The once-forgotten khao chae has been brought back to life thanks to social media trends. Here are the best places to try the dish which dates back to the King Rama V era

Kao Chae

People love the dish not just for its camera-ready presentation but also because it allows diners to understand the long-treasured culinary traditions our forefathers have passed on to help us beat the sultry weather.

The history of khao chae dates back to the 18th century and the reign of King Rama V. The dish, comprised of rice soaked in water accompanied by a variety of side dishes, is believed to have originated in the Mon community and later made famous in the Thai royal court.

Preparing khao chae demands a long and meticulous, if not secretive, process of labour and understanding. Thus, its popularity faded over time due to the challenge.

The rice used to make khao chae must be old and repeatedly polished and rinsed to remove excess starch before it is steam-cooked. The reason is that when the old rice is soaked, it will retain its firmness and never turn mushy and the water won’t become cloudy from the starch either.

The water in which the rice is soaked has to be of specific quality too. It must be ice-cold and scented naturally with jasmine or chommanad (bread flour) and never an artificial scent.

Accompanying the rice is at least half-a-dozen choices of bite-sized delicacies prepared — using intricate recipes — with very common Thai household ingredients and typical backyard plants.

Other commonly found and quintessential ingredients include luk kapi (deep-fried shrimp paste balls), hom dang yud sai (deep-fried stuffed shallots), phrik yuak sord sai (sweet pepper stuffed with seasoned minced pork and shrimp wrapped in crispy egg netting), chai pow phad kai (stir-fried sweet radish with egg), moo foi (sweet and crispy pork floss) and pla chon hang (caramelised dried fish) and neatly carved fresh fruit and vegetables — basically green mango, cucumber, krachai (fingerroot) and red chilli.

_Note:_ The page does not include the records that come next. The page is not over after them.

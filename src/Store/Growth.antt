-- ===== src/Store/Growth.antt =====
-- crates/santi-db/src/adapter/standalone/soul_runtime: the operations that add soul sessions and
-- write turns.
use santi.Base.{
  ℕ, suc, String, ◌≡◌, refl, ◌∙◌, subst, Option, List, [], ◌∷◌, any, find_by, arith, Bool-cases,
  Option-cases, inl, inr, In,
}
use santi.Base.Exec.{Exec, Result, ok, err, ◌>>=◌, continue, lift, ok_or}
use santi.Model.Error.{Error, not_found}
use santi.Model.Json.{Value}
use santi.Model.Session.{SoulSession}
use santi.Store.{Db, transaction, rolled_back, SoulSessionRow, MessageRow}
use santi.Store.Souls.{
  has_soul_id, of_session, map_soul_session_row, acquire_soul_session, ensure_soul_session,
  fetch_session_soul, standalone_soul_session_id, write_session_memory,
}
use santi.Store.Sessions.{has_id, conflicts}
use santi.Store.Forks.{
  fork_soul_session, soul_row, insert_forked_session, messages_up_to, copy_messages, insert_copy,
  forked_state, insert_forked_soul,
}
use santi.Store.Counters.{Grows, append-Grows, update_where-Grows}
use santi.Store.Valid.{Valid}

-- Entries and turns are as before, and no counter is lower.
abbrev pub Keeps : Db → Db → Type 0
Keeps s s' = (s'.items ≡ s.items) × (s'.turns ≡ s.turns) × Grows s.soul_sessions s'.soul_sessions

abbrev pub Kept : {A : Type 0} → Db → Result Error A × Db → Type 0
Kept s (r, s') = Keeps s s'

pub Keeps-Valid : (s s' : Db) → Keeps s s' → Valid s → Valid s'
Keeps-Valid s s' (i, t, g) (n, o) = (
  λ e j. omega (arith, n e (subst (In e) i j), g e.soul_session_id),
  λ e j. let (b, f) = o e (subst (In e) t j) in (omega (arith, b, g e.soul_session_id), f),
)

same : (s : Db) → Keeps s s
same s = (refl, refl, λ id. omega arith)

-- The rules: an action keeps if its parts do.
abbrev pub Keeping : {A : Type 0} → Exec Db Error A → Type 0
Keeping m = (s : Db) → Kept s (m s)

module _ {A B : Type 0} where
  continue-Kept :
      (s : Db) (p : Result Error A × Db) (f : A → Exec Db Error B)
      → Kept s p
      → ((a : A) → Keeping (f a))
      → Kept s (let (r, s') = p in continue r f s')
  continue-Kept s (err e, s') f k h = k
  continue-Kept s (ok a, s') f k h = both (f a s') k (h a s')
    where
      both : (q : Result Error B × Db) → Keeps s s' → Kept s' q → Kept s q
      both (r, u) (i, t, g) (i', t', g') = (i' ∙ i, t' ∙ t, λ id. omega (arith, g id, g' id))

  bind-Keeping :
      (m : Exec Db Error A) (f : A → Exec Db Error B)
      → Keeping m
      → ((a : A) → Keeping (f a))
      → Keeping (m >>= f)
  bind-Keeping m f k h s = continue-Kept s (m s) f (k s) h

module _ {A : Type 0} where
  lift-Keeping : (r : Result Error A) → Keeping (lift r)
  lift-Keeping r s = same s

  rolled_back-Kept :
      (s : Db) (p : Result Error A × Db) → Kept s p → Kept s (let (r, s') = p in rolled_back s r s')
  rolled_back-Kept s (ok a, s') k = k
  rolled_back-Kept s (err e, s') k = same s

  transaction-Keeping : (m : Exec Db Error A) → Keeping m → Keeping (transaction m)
  transaction-Keeping m k s = rolled_back-Kept s (m s) (k s)

ensure_soul_session-Keeping :
    (soul_id session_id : String) → Keeping (ensure_soul_session soul_id session_id)
unfolding ensure_soul_session
ensure_soul_session-Keeping soul_id session_id s =
    elim (Bool-cases (any (of_session session_id) s.soul_sessions)) [
      | inl e ↦ rw e (same s)
      | inr e ↦
          elim (Bool-cases
            (any (has_soul_id (standalone_soul_session_id session_id)) s.soul_sessions)) [
              | inl f ↦ rw (e, f) (same s)
              | inr f ↦ rw (e, f) (refl, refl, append-Grows s.soul_sessions _)
            ]
    ]

abbrev pub found_soul : Option SoulSession → Exec Db Error SoulSession
found_soul found = lift (ok_or found (not_found "standalone_soul_session"))

pub acquire_soul_session-Keeping :
    (soul_id session_id : String) → Keeping (acquire_soul_session soul_id session_id)
unfolding acquire_soul_session fetch_session_soul
acquire_soul_session-Keeping soul_id session_id =
    bind-Keeping (ensure_soul_session soul_id session_id) _
      (ensure_soul_session-Keeping soul_id session_id)
      (λ a.
        bind-Keeping (fetch_session_soul session_id) found_soul (λ s. same s)
          (λ found. lift-Keeping (ok_or found (not_found "standalone_soul_session"))))

pub write_session_memory-Keeping : (id memory : String) → Keeping (write_session_memory id memory)
unfolding write_session_memory
write_session_memory-Keeping id memory s = (
  refl,
  refl,
  update_where-Grows (has_soul_id id) _ s.soul_sessions (λ r. refl) (λ r. omega arith),
)

insert_forked_session-Keeping :
    (id parent : String) (point : ℕ) → Keeping (insert_forked_session id parent point)
unfolding insert_forked_session
insert_forked_session-Keeping id parent point s = elim (Bool-cases (any (has_id id) s.sessions)) [
  | inl e ↦ rw e (same s)
  | inr e ↦ rw e (same s)
]

insert_copy-Keeping :
    (id session_id : String) (row : MessageRow) → Keeping (insert_copy id session_id row)
unfolding insert_copy
insert_copy-Keeping id session_id row s =
    elim (Bool-cases (any (conflicts id session_id row.session_seq) s.session_messages)) [
      | inl e ↦ rw e (same s)
      | inr e ↦ rw e (same s)
    ]

copy_messages-Keeping :
    (fresh : ℕ → String) (i : ℕ) (session_id : String) (rows : List MessageRow)
    → Keeping (copy_messages fresh i session_id rows)
unfolding copy_messages
copy_messages-Keeping fresh i session_id [] = λ s. same s
copy_messages-Keeping fresh i session_id (row ∷ rows) =
    bind-Keeping (insert_copy (fresh i) session_id row) _
      (insert_copy-Keeping (fresh i) session_id row)
      (λ a. copy_messages-Keeping fresh (suc i) session_id rows)

insert_forked_soul-Keeping :
    (parent : SoulSessionRow) (state : Option Value) (point : ℕ) (id session_id : String)
    → Keeping (insert_forked_soul parent state point id session_id)
unfolding insert_forked_soul
insert_forked_soul-Keeping parent state point id session_id s =
    elim (Option-cases (find_by (has_soul_id id) s.soul_sessions)) [
      | inr (row, e) ↦ rw e (same s)
      | inl e ↦ elim (Bool-cases (any (of_session session_id) s.soul_sessions)) [
        | inl f ↦ rw (e, f) (same s)
        | inr f ↦ rw (e, f) (refl, refl, append-Grows s.soul_sessions _)
      ]
    ]

module _ (fresh : ℕ → String) (parent_id : String) (point : ℕ) (id session_id : String) where
  -- The transaction of a fork from its last action to its first.
  abbrev pub adding : SoulSessionRow → Exec Db Error SoulSessionRow
  adding parent = lift (forked_state point parent.provider_state) >>= λ state.
      insert_forked_soul parent state point id session_id

  abbrev pub copying : SoulSessionRow → List MessageRow → Exec Db Error SoulSessionRow
  copying parent messages = copy_messages fresh 0 session_id messages >>= λ _. adding parent

  abbrev pub reading : SoulSessionRow → Exec Db Error SoulSessionRow
  reading parent = messages_up_to parent.session_id point >>= copying parent

  abbrev pub forking : SoulSessionRow → Exec Db Error SoulSessionRow
  forking parent = insert_forked_session session_id parent.session_id point >>= λ _. reading parent

  adding-Keeping : (parent : SoulSessionRow) → Keeping (adding parent)
  adding-Keeping parent =
      bind-Keeping (lift (forked_state point parent.provider_state))
        (λ state. insert_forked_soul parent state point id session_id)
        (lift-Keeping (forked_state point parent.provider_state))
        (λ state. insert_forked_soul-Keeping parent state point id session_id)

  reading-Keeping : (parent : SoulSessionRow) → Keeping (reading parent)
  unfolding messages_up_to
  reading-Keeping parent =
      bind-Keeping (messages_up_to parent.session_id point) (copying parent) (λ s. same s)
        λ messages.
          bind-Keeping (copy_messages fresh 0 session_id messages) (λ _. adding parent)
            (copy_messages-Keeping fresh 0 session_id messages) λ _. adding-Keeping parent

  forking-Keeping : (parent : SoulSessionRow) → Keeping (forking parent)
  forking-Keeping parent =
      bind-Keeping (insert_forked_session session_id parent.session_id point) (λ _. reading parent)
        (insert_forked_session-Keeping session_id parent.session_id point)
        λ _. reading-Keeping parent

  pub fork_soul_session-Keeping : Keeping (fork_soul_session fresh parent_id point id session_id)
  unfolding fork_soul_session soul_row
  fork_soul_session-Keeping =
      bind-Keeping (transaction (soul_row parent_id >>= forking))
        (λ row. lift (map_soul_session_row row))
        (transaction-Keeping (soul_row parent_id >>= forking)
          (bind-Keeping (soul_row parent_id) forking (λ s. same s) forking-Keeping))
        (λ row. lift-Keeping (map_soul_session_row row))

Eating khao chae too requires a certain tack. The proper way is to eat the rice and the side items separately, one spoonful at a time. Don’t put any side items into the rice as it will cloud the water and create an unpleasant odour and taste. Let try and enjoy Kao Chae that is available in Bangkok, Petchburi and other provinces in summer time for happiness and tasty dates back to the 18th century and the reign of King Rama V.